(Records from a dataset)
-- ===== src/MyBash/Scommand/Print.antt =====
-- What `scommand_to_string` writes.
use mathlib.Core.List.{append_assoc, append-nil}
use fa_maf_sis_op.Prelude.{
  ℕ, suc, ◌<◌, ◌≢◌, ◌≡◌, refl, sym, ap, ◌∙◌, Bool, true, not, ◌||◌, Option, none, some, List, [],
  ◌∷◌, ◌++◌, arith, ltb, is_some, length, length-append, lt→ltb, All, All-append, Text, IsText,
  codes,
}
use fa_maf_sis_op.MyBash.GQueue.{GQueue, IsGQueue, peek_nth-view}
use fa_maf_sis_op.MyBash.Run.{text, ◌>>=◌, assert, result, result->>=, result-logged}
use fa_maf_sis_op.MyBash.StrExtra.{strlen, strmerge-append, text_of-append_nul, strlen-length}
use fa_maf_sis_op.MyBash.Scommand.{
  Scommand, scommand_is_empty, str_append, append_words, append_redir, scommand_length,
  scommand_to_string,
}
use fa_maf_sis_op.MyBash.Scommand.Laws.{scommand_observers}

-- Every word with the separator before it.
unfoldable pub followed : Text → List Text → Text
followed sep [] = []
followed sep (w ∷ ws) = sep ++ w ++ followed sep ws

-- The words with the separator between them.
unfoldable pub join : Text → List Text → Text
unfolding followed
join sep [] = []
join sep (w ∷ ws) = w ++ followed sep ws

unfoldable pub redir_text : Text → Option Text → Text
redir_text operator none = []
redir_text operator (some filename) = operator ++ filename

-- The command line of a simple command.
unfoldable pub scommand_text : List Text → (out inn : Option Text) → Text
unfolding join redir_text
scommand_text words out inn =
    join (codes " ") words ++ redir_text (codes " > ") out ++ redir_text (codes " < ") inn

-- A pointer to a string, or `NULL`.
abbrev pub IsTextPtr : Option Text → Type 0
IsTextPtr none = Unit
IsTextPtr (some s) = IsText s

pub str_append_lem :
    (s1 s2 : Text) → IsText s1 → IsText s2 → str_append s1 (some s2) ≡ some (s1 ++ s2, text s1 ∷ [])
unfolding str_append
str_append_lem s1 s2 h1 h2 =
    rw (strmerge-append s1 s2 h1 h2)
      (rw (text_of-append_nul (s1 ++ s2) [] (All-append (λ c. c ≢ 0) s1 s2 h1 h2)))

pub result-str_append :
    (s1 s2 : Text) → IsText s1 → IsText s2 → result (str_append s1 (some s2)) ≡ some (s1 ++ s2)
result-str_append s1 s2 h1 h2 = ap result (str_append_lem s1 s2 h1 h2)

pub IsText-append : (s t : Text) → IsText s → IsText t → IsText (s ++ t)
IsText-append = All-append (λ c. c ≢ 0)

append_redir_lem :
    (operator acc : Text) (redir : Option Text)
    → IsText operator
    → IsText acc
    → IsTextPtr redir
    → result (append_redir operator redir acc) ≡ some (acc ++ redir_text operator redir)
unfolding append_redir redir_text
append_redir_lem operator acc none ho ha h = rw (append-nil)
append_redir_lem operator acc (some f) ho ha h =
    result->>= (str_append acc (some operator)) _ (result-str_append acc operator ha ho)
    ∙ result-str_append (acc ++ operator) f (IsText-append acc operator ha ho) h
    ∙ ap some (append_assoc acc operator f)

-- One round past the first: the separator, then the word.
append_words_round :
    {g : GQueue} (l : IsGQueue g) (q : g.Queue Text) (w acc : Text) (n i : ℕ)
    → 0 < i
    → g.peek_nth q i ≡ some w
    → IsText acc
    → IsText w
    → result (append_words g q (suc n) i acc)
      ≡ result (append_words g q n (suc i) (acc ++ codes " " ++ w))
unfolding append_words
append_words_round {g} l q w acc n i pos e ha hw =
    rw (lt→ltb 0 i pos, e)
      (result->>= (str_append acc (some (codes " "))) _
          (result-str_append acc (codes " ") ha (omega arith))
        ∙ result->>= (str_append (acc ++ codes " ") (some w)) (append_words g q n (suc i)) (
            result-str_append (acc ++ codes " ") w (IsText-append acc (codes " ") ha (omega arith))
              hw))

module _ {g : GQueue} (l : IsGQueue g) (q : g.Queue Text) where
  -- The loop from an index past the first word on.
  append_words_later :
      (pre rest : List Text) (acc : Text) (i : ℕ)
      → g.view q ≡ pre ++ rest
      → i ≡ length pre
      → 0 < i
      → All IsText rest
      → IsText acc
      → result (append_words g q (length rest) i acc) ≡ some (acc ++ followed (codes " ") rest)
  unfolding followed
  append_words_later pre [] acc i e h pos hr ha = unfold append_words in rw (append-nil)
  append_words_later pre (w ∷ rest) acc i e h pos hr ha =
      append_words_round l q w acc (length rest) i pos (peek_nth-view l q pre w rest i e h) ha hr.0
      ∙ append_words_later (pre ++ w ∷ []) rest (acc ++ codes " " ++ w) (suc i)
          (e ∙ sym (append_assoc pre (w ∷ []) rest)) (omega (arith, length-append pre (w ∷ [])))
          (omega arith) hr.1
          (IsText-append (acc ++ codes " ") w (IsText-append acc (codes " ") ha (omega arith)) hr.0)
      ∙ simp (append_assoc)

  append_words_lem :
      (ws : List Text)
      → g.view q ≡ ws
      → All IsText ws
      → result (append_words g q (length ws) 0 []) ≡ some (join (codes " ") ws)
  unfolding append_words join
  append_words_lem [] e h = refl
  append_words_lem (w ∷ rest) e h = rw (peek_nth-view l q [] w rest 0 e refl) (
      result-logged [] (str_append [] (some w) >>= append_words g q (length rest) 1)
      ∙ result->>= (str_append [] (some w)) (append_words g q (length rest) 1)
          (result-str_append [] w tt h.0)
      ∙ append_words_later (w ∷ []) rest w 1 e refl (omega arith) h.1 h.0)

followed-IsText :
    (sep : Text) (ws : List Text) → IsText sep → All IsText ws → IsText (followed sep ws)
unfolding followed
followed-IsText sep [] hs h = tt
followed-IsText sep (w ∷ ws) hs h =
    IsText-append (sep ++ w) (followed sep ws) (IsText-append sep w hs h.0)
      (followed-IsText sep ws hs h.1)

pub join-IsText : (sep : Text) (ws : List Text) → IsText sep → All IsText ws → IsText (join sep ws)
unfolding join
join-IsText sep [] hs h = tt
join-IsText sep (w ∷ ws) hs h =
    IsText-append w (followed sep ws) h.0 (followed-IsText sep ws hs h.1)

redir_text-IsText :
    (operator : Text) (redir : Option Text)
    → IsText operator
    → IsTextPtr redir
    → IsText (redir_text operator redir)
unfolding redir_text
redir_text-IsText operator none ho h = tt
redir_text-IsText operator (some f) ho h = IsText-append operator f ho h

pub scommand_text-IsText :
    (words : List Text) (out inn : Option Text)
    → All IsText words
    → IsTextPtr out
    → IsTextPtr inn
    → IsText (scommand_text words out inn)
unfolding scommand_text
scommand_text-IsText words out inn hw ho hi =
    IsText-append _ _
      (IsText-append _ _ (join-IsText (codes " ") words (omega arith) hw)
        (redir_text-IsText (codes " > ") out (omega arith) ho))
      (redir_text-IsText (codes " < ") inn (omega arith) hi)

-- A command line with an output redirection is not empty.
strlen-scommand_text :
    (words : List Text) (f : Text) (inn : Option Text)
    → All IsText words
    → IsText f
    → IsTextPtr inn
    → 0 < strlen (scommand_text words (some f) inn)
strlen-scommand_text words f inn hw hf hi =
    rw (strlen-length _ (scommand_text-IsText words (some f) inn hw hf hi)) (
      unfold scommand_text in
      omega (
        arith,
        length-append (join (codes " ") words ++ (codes " > " ++ f)) (redir_text (codes " < ") inn),
        length-append (join (codes " ") words) (codes " > " ++ f),
      ))

-- The closing `assert` of `scommand_to_string`.
closing_assert :
    (empty : Bool) (words : List Text) (out inn : Option Text)
    → All IsText words
    → IsTextPtr out
    → IsTextPtr inn
    → (empty
        || not (is_some inn)
        || not (is_some out)
        || ltb 0 (strlen (scommand_text words out inn)))
      ≡ true
closing_assert empty words none inn hw ho hi = ground arith
closing_assert empty words (some f) inn hw ho hi =
    ground (arith, strlen-scommand_text words f inn hw ho hi)

-- `scommand_to_string` fails no `assert`, stays within every buffer, and gives the words with one
-- blank between them, then the output and the input redirection that are there; the words and names
-- are C strings.
pub scommand_to_string_lem :
    {g : GQueue} (l : IsGQueue g) (c : Scommand g)
    → All IsText (g.view c.words)
    → IsTextPtr c.redir_out
    → IsTextPtr c.redir_in
    → result (scommand_to_string g c) ≡ some (scommand_text (g.view c.words) c.redir_out c.redir_in)
unfolding scommand_to_string scommand_text
scommand_to_string_lem {g} l c hw ho hi =
    result->>= (scommand_length g c) _ (ap result (scommand_observers l c).1)
    ∙ result->>= (append_words g c.words (length (g.view c.words)) 0 []) _
        (append_words_lem l c.words (g.view c.words) refl hw)
    ∙ result->>= (append_redir (codes " > ") c.redir_out words) _
        (append_redir_lem (codes " > ") words c.redir_out (omega arith) words-IsText ho)
    ∙ result->>= (append_redir (codes " < ") c.redir_in with_out) _
        (append_redir_lem (codes " < ") with_out c.redir_in (omega arith) with_out-IsText hi)
    ∙ result->>= (assert _) _ (
        ap (λ b. result (assert b))
          (closing_assert (scommand_is_empty g c) (g.view c.words) c.redir_out c.redir_in hw ho hi))
  where
    words : Text
    words = join (codes " ") (g.view c.words)

    words-IsText : IsText words
    words-IsText = join-IsText (codes " ") (g.view c.words) (omega arith) hw

    with_out : Text
    with_out = words ++ redir_text (codes " > ") c.redir_out

    with_out-IsText : IsText with_out
    with_out-IsText =
        IsText-append words _ words-IsText
          (redir_text-IsText (codes " > ") c.redir_out (omega arith) ho)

ABOUT THIS EXERCISE: Given the data above, which lines hold the string "past"? Return them.

TASK SOLUTION:
-- One round past the first: the separator, then the word.
  -- The loop from an index past the first word on.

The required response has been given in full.